Saved data entries:
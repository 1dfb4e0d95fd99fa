-- ===== src/Examples/Machine.antt =====
-- The 80x86 of Pintos: user memory below 0xc0000000.
use comp_sys_pint_os.Base.{◌+◌, ◌*◌, ◌/◌, refl, arith, ltb}
use comp_sys_pint_os.Platform.{Platform, IsPlatform}

abbrev pub pc : Platform
pc = record {
  phys_base = 0xc0000000;
  is_user_vaddr = λ v. ltb v 0xc0000000;
  round_up = λ x. (x + 4095) / 4096 * 4096;
}

pub pc-IsPlatform : IsPlatform pc
pc-IsPlatform = record {
  base_fits = omega arith;
  base_aligned = refl;
  user = λ v. refl;
  round_aligned = λ x h. omega arith;
  round_above = λ x h. omega arith;
  round_near = λ x h. omega arith;
}
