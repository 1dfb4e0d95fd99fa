-- ===== src/Examples/Calling.antt =====
-- The system calls of Project 2 on a process with three open files, where every word of user memory
-- is 100 and every string is empty.
use comp_sys_pint_os.Base.{ℕ, ◌+◌, ◌≡◌, refl, Bool, true, false, List, [], ◌∷◌, some, panic}
use comp_sys_pint_os.Project2.{ProcessFile, Machine, Process, file_check, process_file_get}
use comp_sys_pint_os.Project2.Calls.{sys_open, sys_seek, syscall_handler}
use comp_sys_pint_os.Project2.Lookup.{every_second, is_even, looked_up, file_check-every_second}
use comp_sys_pint_os.Project2.Locked.{Ends, keeps_lock, args_of, syscall_handler-keeps_lock}
use comp_sys_pint_os.Project2.Held.{takes_lock, syscall_handler_panics}
use comp_sys_pint_os.Examples.Machine.{pc}

abbrev machine : Machine ℕ
machine = record {
  strlen = λ w a. 0;
  word = λ w a. 100;
  malloc = λ w. (true, w);
  filesys_create = λ f n w. (true, w + 1);
  filesys_remove = λ f w. (true, w + 1);
  filesys_open = λ f w. (some 7, w);
  file_length = λ w f. 512;
  file_write = λ f b n w. (n, w);
  file_seek = λ f p w. w;
  file_tell = λ w f. 0;
  input_getc = λ w. (65, w);
  store_byte = λ a b w. w;
  putbuf = λ b n w. w;
}

abbrev three_files : List ProcessFile
three_files =
    record { file = 11; fd = 2 } ∷ record { file = 12; fd = 3 } ∷ record { file = 13; fd = 4 } ∷ []

abbrev process : Bool → Process ℕ
process held = record { fd = 5; file_list = three_files; lock = held; world = 0 }

abbrev garbage : ℕ → ℕ
garbage n = 0

file_check-every_second_example :
    file_check 3 three_files
    ≡ looked_up (process_file_get 3 (every_second three_files)) (is_even three_files)
file_check-every_second_example = file_check-every_second 3 three_files

syscall_handler-keeps_lock_example :
    Ends
      (λ a.
        a.1.lock
        ≡ keeps_lock machine pc sys_open
            (args_of machine pc 4096 garbage (process false))
            (process false))
      (syscall_handler machine pc sys_open 4096 garbage (process false))
syscall_handler-keeps_lock_example =
    syscall_handler-keeps_lock machine pc sys_open 4096 garbage (process false) refl

syscall_handler_panics_example :
    syscall_handler machine pc sys_seek 4096 garbage (process true) ≡ panic
unfolding takes_lock
syscall_handler_panics_example =
    syscall_handler_panics machine pc sys_seek 4096 garbage (process true) refl refl
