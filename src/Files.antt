-- ===== src/Files.antt =====
-- Project 3/userprog/syscall.c: the system calls on files, over the descriptor table of a process.
-- User memory, the file system and the console are the operations of `FileSystem`, over a state `W`.
-- A number that the user passes or receives is the bit pattern of a 32-bit word.
pub mod Table
pub mod Lookup
pub mod Calls
use mathlib.Core.List.{reverse}
use comp_sys_pint_os.Base.{
  ℕ, zero, suc, ◌+◌, ◌-◌, ◌%◌, ◌^◌, Bool, true, false, ◌==◌, if◌then◌else◌, not, ◌||◌, List, [],
  ◌∷◌, ◌++◌, Option, none, some, Outcome, returns, panic, stuck, ◌>>=◌, ◌>>◌, assert,
}
use comp_sys_pint_os.Platform.{Platform}

-- `struct file_descriptor`
pub record Descriptor : Type 0 where
  pub fd : ℕ
  pub file : ℕ

pub record FileSystem (W : Type 0) : Type 0 where
  pub is_mapped : W → ℕ → Bool
  pub malloc : W → Bool × W
  pub free : W → W
  pub filesys_create : ℕ → ℕ → W → Bool × W
  pub filesys_remove : ℕ → W → Bool × W
  pub filesys_open : ℕ → W → Option ℕ × W
  pub file_close : ℕ → W → W
  pub file_length : W → ℕ → ℕ
  pub file_read : ℕ → ℕ → ℕ → W → ℕ × W
  pub file_write : ℕ → ℕ → ℕ → W → ℕ × W
  pub file_seek : ℕ → ℕ → W → W
  pub file_tell : W → ℕ → ℕ
  pub input_getc : W → ℕ × W
  pub store_byte : ℕ → ℕ → W → W
  pub putbuf : ℕ → ℕ → W → W

-- The members of `struct thread` that the calls use, whether the current thread holds `file_lock`,
-- and the rest of the machine.
pub record Process (W : Type 0) : Type 0 where
  pub next_fd : ℕ
  pub files : List Descriptor
  pub file_lock : Bool
  pub world : W

-- A call returns a word, or ends the process with an exit status.
pub data Result : Type 0 where
  value : ℕ → Result
  exited : ℕ → Result

abbrev pub minus_one : ℕ
minus_one = 2 ^ 32 - 1

abbrev pub word_of : Bool → ℕ
word_of true = 1
word_of false = 0

-- STDIN_FILENO and STDOUT_FILENO
abbrev pub stdin_fileno : ℕ
stdin_fileno = 0

abbrev pub stdout_fileno : ℕ
stdout_fileno = 1

-- The file of the first descriptor with that number.
unfoldable pub find_fd : ℕ → List Descriptor → Option ℕ
find_fd fd [] = none
find_fd fd (d ∷ ds) = if d.fd == fd then some d.file else find_fd fd ds

-- The loop of `close` removes the first descriptor with that number.
unfoldable pub remove_fd : ℕ → List Descriptor → List Descriptor
remove_fd fd [] = []
remove_fd fd (d ∷ ds) = if d.fd == fd then ds else d ∷ remove_fd fd ds

-- `sentinel` is what the code reads where it takes the end of the list for a descriptor.
module _ {W : Type 0} (fs : FileSystem W) (pf : Platform) (sentinel : Descriptor) where
  -- `get_file` walks from `list_tail`, the end itself, back to the first element. The pointer that
  -- lies beside the number at the end is none of a file: unless it is NULL, every caller goes on to
  -- use it, which is undefined.
  unfoldable pub get_file : ℕ → Process W → Outcome (Option ℕ)
  unfolding find_fd
  get_file fd s =
      if sentinel.fd == fd
      then (if sentinel.file == 0 then returns none else stuck)
      else returns (find_fd fd (reverse s.files))

  unfoldable pub not_valid : ℕ → Process W → Bool
  not_valid pointer s =
      not (pf.is_user_vaddr pointer) || pointer == 0 || not (fs.is_mapped s.world pointer)

  abbrev pub locked : Process W → Process W
  locked s = record s { file_lock = true }

  -- `lock_release`, with a result.
  unfoldable pub done : Result → Process W → Outcome (Result × Process W)
  done r s = assert s.file_lock >> returns (r, record s { file_lock = false })

  unfoldable pub create : ℕ → ℕ → Process W → Outcome (Result × Process W)
  unfolding not_valid done
  create file initial_size s =
      let (made, w) = fs.filesys_create file initial_size s.world in
      let checked =
        assert (not s.file_lock) >> done (value (word_of made)) (locked (record s { world = w })) in
      if not_valid file s then returns (exited minus_one, s) else checked

  unfoldable pub remove_opened : ℕ → Option ℕ × W → Process W → Outcome (Result × Process W)
  unfolding done
  remove_opened file (none, w) s = done (value 0) (record s { world = w })
  remove_opened file (some f, w) s =
      let (removed, v) = fs.filesys_remove file (fs.file_close f w) in
      done (value (word_of removed)) (record s { world = v })

  unfoldable pub remove : ℕ → Process W → Outcome (Result × Process W)
  unfolding not_valid remove_opened
  remove file s =
      let checked =
        assert (not s.file_lock) >> remove_opened file (fs.filesys_open file s.world) (locked s) in
      if not_valid file s then returns (exited minus_one, s) else checked

  -- `open` after `malloc`, whose result it writes to unchecked.
  unfoldable pub open_opened : Bool → Option ℕ × W → Process W → Outcome (Result × Process W)
  unfolding done
  open_opened made (none, w) s = done (value minus_one) (record s { world = w })
  open_opened false (some f, w) s = stuck
  open_opened true (some f, w) s = done (value s.next_fd) (record s {
    next_fd = (s.next_fd + 1) % 2 ^ 32;
    files = s.files ++ record { fd = s.next_fd; file = f } ∷ [];
    world = w;
  })

  unfoldable pub open_file : ℕ → Process W → Outcome (Result × Process W)
  unfolding not_valid open_opened
  open_file file s =
      let (made, w) = fs.malloc s.world in
      let checked =
        assert (not s.file_lock) >> open_opened made (fs.filesys_open file w) (locked s) in
      if not_valid file s then returns (exited minus_one, s) else checked

  abbrev pub length_or_error : Option ℕ → Process W → ℕ
  length_or_error none s = minus_one
  length_or_error (some f) s = fs.file_length s.world f

  unfoldable pub filesize : ℕ → Process W → Outcome (Result × Process W)
  unfolding get_file done
  filesize fd s =
      assert (not s.file_lock)
      >> (get_file fd s >>= λ o. done (value (length_or_error o s)) (locked s))

  -- The loop over `input_getc`, from byte `count` on.
  unfoldable pub read_keys : ℕ → ℕ → ℕ → W → W
  read_keys zero buffer count w = w
  read_keys (suc left) buffer count w =
      let (key, v) = fs.input_getc w in
      read_keys left buffer (count + 1) (fs.store_byte (buffer + count) key v)

  unfoldable pub read_file : Option ℕ → ℕ → ℕ → Process W → Outcome (Result × Process W)
  unfolding done
  read_file none buffer size s = done (value minus_one) s
  read_file (some f) buffer size s =
      let (count, w) = fs.file_read f buffer size s.world in
      done (value count) (record s { world = w })

  unfoldable pub read : ℕ → ℕ → ℕ → Process W → Outcome (Result × Process W)
  unfolding not_valid read_keys read_file get_file
  read fd buffer size s =
      let keys =
        assert (not s.file_lock)
        >> done (value size) (locked (record s { world = read_keys size buffer 0 s.world })) in
      let from_file =
        assert (not s.file_lock) >> (get_file fd s >>= λ o. read_file o buffer size (locked s)) in
      if not_valid buffer s || not_valid ((buffer + size) % 2 ^ 32) s || fd == stdout_fileno
      then returns (exited minus_one, s)
      else if fd == stdin_fileno
      then keys
      else from_file

  unfoldable pub write_file : Option ℕ → ℕ → ℕ → Process W → Outcome (Result × Process W)
  unfolding done
  write_file none buffer size s = done (value minus_one) s
  write_file (some f) buffer size s =
      let (count, w) = fs.file_write f buffer size s.world in
      done (value count) (record s { world = w })

  unfoldable pub write : ℕ → ℕ → ℕ → Process W → Outcome (Result × Process W)
  unfolding not_valid write_file get_file
  write fd buffer size s =
      let console =
        assert (not s.file_lock)
        >> done (value size) (locked (record s { world = fs.putbuf buffer size s.world })) in
      let to_file =
        assert (not s.file_lock) >> (get_file fd s >>= λ o. write_file o buffer size (locked s)) in
      if not_valid buffer s || not_valid ((buffer + size) % 2 ^ 32) s || fd == stdin_fileno
      then returns (exited minus_one, s)
      else if fd == stdout_fileno
      then console
      else to_file

  -- Without a file the process exits, and the lock is not released first.
  unfoldable pub seek_file : Option ℕ → ℕ → Process W → Outcome (Result × Process W)
  unfolding done
  seek_file none position s = returns (exited minus_one, s)
  seek_file (some f) position s =
      done (value 0) (record s { world = fs.file_seek f position s.world })

  unfoldable pub seek : ℕ → ℕ → Process W → Outcome (Result × Process W)
  unfolding seek_file get_file
  seek fd position s =
      assert (not s.file_lock) >> (get_file fd s >>= λ o. seek_file o position (locked s))

  abbrev pub tell_or_zero : Option ℕ → Process W → ℕ
  tell_or_zero none s = 0
  tell_or_zero (some f) s = fs.file_tell s.world f

  unfoldable pub tell : ℕ → Process W → Outcome (Result × Process W)
  unfolding get_file done
  tell fd s =
      assert (not s.file_lock)
      >> (get_file fd s >>= λ o. done (value (tell_or_zero o s)) (locked s))

  unfoldable pub close_found : Option ℕ → ℕ → Process W → Process W
  unfolding remove_fd
  close_found none fd s = s
  close_found (some f) fd s = record s {
    files = remove_fd fd s.files;
    world = fs.free (fs.file_close f s.world);
  }

  -- `close` walks from the first element on, and stops before the end.
  unfoldable pub close : ℕ → Process W → Outcome (Result × Process W)
  unfolding close_found find_fd done
  close fd s =
      assert (not s.file_lock) >> done (value 0) (close_found (find_fd fd s.files) fd (locked s))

▶ _Exercise aim_
Check every line of the records, and copy the ones that hold the word "none".

▶ _Written response_
  ◌∷◌, ◌++◌, Option, none, some, Outcome, returns, panic, stuck, ◌>>=◌, ◌>>◌, assert,
find_fd fd [] = none
  -- lies beside the number at the end is none of a file: unless it is NULL, every caller goes on to
      then (if sentinel.file == 0 then returns none else stuck)
  remove_opened file (none, w) s = done (value 0) (record s { world = w })
  open_opened made (none, w) s = done (value minus_one) (record s { world = w })
  length_or_error none s = minus_one
  read_file none buffer size s = done (value minus_one) s
  write_file none buffer size s = done (value minus_one) s
  seek_file none position s = returns (exited minus_one, s)
  tell_or_zero none s = 0
  close_found none fd s = s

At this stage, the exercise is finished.